## TASK TO CARRY OUT
Taking the line that contains "Step-IsSeated keys (elsewhere" as the starting point, give again exactly every line up to and including the last line of the records below.

[Collected data entries]
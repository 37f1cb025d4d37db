-- ===== src/Tabs/Actions/Occupied.antt =====
-- A table has at most one open tab.
use Prim.Native.String.{String}
use text.Mathlib.Text.{◌==◌ as str_eq}
use text.Mathlib.TextEquality.{eq_iff}
use valla_pos.Base.{
  ℕ, ◌≤◌, ◌≡◌, ◌⊎◌, refl, ◌∙◌, Bool, false, not, Option, some, List, any, inl, inr, Bool-cases,
  Option-cases, arith,
}
use valla_pos.Base.Result.{ok, Result-cases}
use valla_pos.Money.Discount.{Fractions}
use valla_pos.Register.Resolve.{resolve_order_lines}
use valla_pos.Register.Checkout.{Operator}
use valla_pos.Tabs.Edits.{Tab, Edit, attach_table, move_tables, same_table}
use valla_pos.Tabs.Actions.{
  Floor, holds, is_held_by_other, load_open_order, load_unpaid_row, open_tab, commit_edit,
  edit_action, prepare_merge, prepare_transfer, prepare_add, prepare_quantity, prepare_remove,
  prepare_seat,
}
use valla_pos.Tabs.Actions.Cases.{commit_edit-cases, open_tab-cases, settle_tab-cases}
use valla_pos.Tabs.Actions.Prepared.{
  Request, merge, transfer, add, quantity, remove, reseat, prepare, prepare_settle-IsFor,
}
use valla_pos.Tabs.Actions.Settled.{find_tab-id}
use valla_pos.Tabs.Actions.Sound.{
  HasKeys, Step, opened, edited, paid_for, elsewhere, Run, here, next,
}
use valla_pos.Tabs.Actions.Holders.{
  one, one-le, holders, gains, edit_tab-holds, holders-put_tab, holders-other, holders-free,
}

-- Every table has at most one open tab.
abbrev pub IsSeated : Floor → Type 0
IsSeated s = (table : String) → holders table s.tabs ≤ 1

-- A table that no other tab holds, named by its id.
free-of :
    (id table u : String) (ts : List Tab)
    → is_held_by_other id table ts ≡ false
    → (str_eq table u ≡ false) ⊎ (is_held_by_other id u ts ≡ false)
free-of id table u ts h = elim (Bool-cases (str_eq table u)) [
  | inr e ↦ inl e
  | inl e ↦ let same : table ≡ u = (eq_iff table u).0 e in inr (rw same at h)
]

commit_edit-IsSeated :
    (id : String) (e : Edit) (s : Floor) (t' : Tab) (s' : Floor)
    → HasKeys s
    → ((u : String) → (gains e u ≡ false) ⊎ (is_held_by_other id u s.tabs ≡ false))
    → IsSeated s
    → commit_edit id e s ≡ some (t', s')
    → IsSeated s'
commit_edit-IsSeated id e s t' s' keys free seated h u =
    let (t, found, changed_to, is) = commit_edit-cases id e s t' s' h in
    let (same_id, fewer) = edit_tab-holds e t t' u changed_to in
    let own : t'.id ≡ id = same_id ∙ find_tab-id id s.tabs t found in
    let counted = holders-put_tab u id s.tabs t t' (keys.1 id) found own in
    rw is (elim (free u) [
      | inl none_gained ↦
          let fewer2 : one (holds u t') ≤ one (holds u t) = ground (arith, fewer) in
          omega (arith, counted, fewer2, seated u)
      | inr unheld ↦
          let alone = holders-other u id s.tabs t (keys.1 id) found unheld in
          let most : one (holds u t') ≤ 1 = one-le (holds u t') in
          omega (arith, counted, alone, most)
    ])

module _ (fr : Fractions) (trim : String → String) (notation : ℕ → String) where
  prepare-free :
      (id : String) (q : Request) (s : Floor) (e : Edit) (u : String)
      → prepare fr trim notation id q s ≡ ok e
      → (gains e u ≡ false) ⊎ (is_held_by_other id u s.tabs ≡ false)
  unfolding prepare_merge prepare_transfer prepare_add prepare_quantity prepare_remove prepare_seat
  prepare-free id (merge table) s e u h = elim (Result-cases (load_open_order id s)) [
    | inr (x, f) ↦ absurd (ground arith)
    | inl (t, f) ↦ elim (Bool-cases (not (any (same_table table) s.tables))) [
      | inl g ↦ absurd (ground arith)
      | inr g ↦ elim (Bool-cases (is_held_by_other id table s.tabs)) [
        | inl k ↦ absurd (ground arith)
        | inr k ↦
            let is : e ≡ attach_table table = ground arith in rw is (free-of id table u s.tabs k)
      ]
    ]
  ]
  prepare-free id (transfer from_table to_table) s e u h =
      elim (Result-cases (load_open_order id s)) [
        | inr (x, f) ↦ absurd (ground arith)
        | inl (t, f) ↦ elim (Bool-cases (not (any (same_table to_table) s.tables))) [
          | inl g ↦ absurd (ground arith)
          | inr g ↦ elim (Bool-cases (is_held_by_other id to_table s.tabs)) [
            | inl k ↦ absurd (ground arith)
            | inr k ↦
                let is : e ≡ move_tables from_table to_table = ground arith in
                rw is (free-of id to_table u s.tabs k)
          ]
        ]
      ]
  prepare-free id (add new_ids seat lines) s e u h = elim (Result-cases (load_open_order id s)) [
    | inr (x, f) ↦ absurd (ground arith)
    | inl (t, f) ↦ elim (Result-cases (resolve_order_lines trim notation s.catalog lines)) [
      | inr (x, g) ↦ absurd (ground arith)
      | inl ((ls, clamped), g) ↦ let unchanged : gains e u ≡ false = ground arith in inl unchanged
    ]
  ]
  prepare-free id (quantity line_id n) s e u h =
      elim (Result-cases (load_unpaid_row id line_id s)) [
        | inr (x, f) ↦ absurd (ground arith)
        | inl (r, f) ↦ let unchanged : gains e u ≡ false = ground arith in inl unchanged
      ]
  prepare-free id (remove line_id) s e u h = elim (Result-cases (load_unpaid_row id line_id s)) [
    | inr (x, f) ↦ absurd (ground arith)
    | inl (r, f) ↦ let unchanged : gains e u ≡ false = ground arith in inl unchanged
  ]
  prepare-free id (reseat line_id seat) s e u h =
      elim (Result-cases (load_unpaid_row id line_id s)) [
        | inr (x, f) ↦ absurd (ground arith)
        | inl (r, f) ↦ let unchanged : gains e u ≡ false = ground arith in inl unchanged
      ]

open_tab-IsSeated :
    (new_id : String) (granted : Option Operator) (table id : String) (s s' : Floor)
    → IsSeated s
    → open_tab new_id granted table s ≡ ok (id, s')
    → IsSeated s'
open_tab-IsSeated new_id granted table id s s' seated h u =
    let (op, allowed, free, is_id, is) = open_tab-cases new_id granted table id s s' h in
    rw is (elim (Bool-cases (str_eq table u)) [
      | inl e ↦
          let same : table ≡ u = (eq_iff table u).0 e in
          let nobody : holders u s.tabs ≡ 0 = holders-free u s.tabs (rw same at free) in
          rw e (omega (arith, nobody))
      | inr e ↦ rw e (omega (arith, seated u))
    ])

module _ (fr : Fractions) (trim : String → String) (notation : ℕ → String)
    (verify_pin : String → String → Bool) (b : String) where
  Step-IsSeated :
      {s s' : Floor}
      → HasKeys s
      → Step fr trim notation verify_pin b s s'
      → IsSeated s
      → IsSeated s'
  unfolding edit_action
  Step-IsSeated {s} {s'} keys (opened new_id granted table id h) seated =
      open_tab-IsSeated new_id granted table id s s' seated h
  Step-IsSeated {s} {s'} keys (edited allowed id q h) seated =
      elim (Result-cases (prepare fr trim notation id q s)) [
        | inr (x, f) ↦ absurd (ground arith)
        | inl (e, f) ↦ elim (Option-cases (commit_edit id e s)) [
          | inl g ↦ absurd (ground arith)
          | inr ((t, s2), g) ↦
              let same : s2 ≡ s' = ground arith in
              rw same at (
                commit_edit-IsSeated id e s t s2 keys
                  (λ u. prepare-free fr trim notation id q s e u f) seated g)
        ]
      ]
  Step-IsSeated {s} {s'} keys (paid_for payment_id data' granted now out h) seated =
      elim (settle_tab-cases verify_pin b payment_id data' granted now out s s' h) [
        | inl (throttle, is, unpaid) ↦ rw is seated
        | inr (op, throttle, e, amount, t, allowed, passed, prepared, committed, is) ↦
            let s1 = record s { throttle = throttle } in
            let (t0, found, opened_tab, (is_amount, is_edit, covers)) =
              prepare_settle-IsFor payment_id data' s1 e amount prepared in
            commit_edit-IsSeated data'.order_id e s1 t s' keys (λ u. inl (rw is_edit refl)) seated
              committed
      ]
  Step-IsSeated keys (elsewhere catalog members rate throttle) seated = seated

  -- A table never gets a second open tab: from a floor where each table has at most one, any sequence
  -- of actions, each served on its own, leads to one where each has at most one. Ids are primary
  -- keys.
  pub Run-IsSeated :
      {s s' : Floor} → IsSeated s → Run fr trim notation verify_pin b s s' → IsSeated s'
  Run-IsSeated seated here = seated
  Run-IsSeated seated (next run keys step) = Step-IsSeated keys step (Run-IsSeated seated run)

## RESPONSE AREA
  Step-IsSeated keys (elsewhere catalog members rate throttle) seated = seated

  -- A table never gets a second open tab: from a floor where each table has at most one, any sequence
  -- of actions, each served on its own, leads to one where each has at most one. Ids are primary
  -- keys.
  pub Run-IsSeated :
      {s s' : Floor} → IsSeated s → Run fr trim notation verify_pin b s s' → IsSeated s'
  Run-IsSeated seated here = seated
  Run-IsSeated seated (next run keys step) = Step-IsSeated keys step (Run-IsSeated seated run)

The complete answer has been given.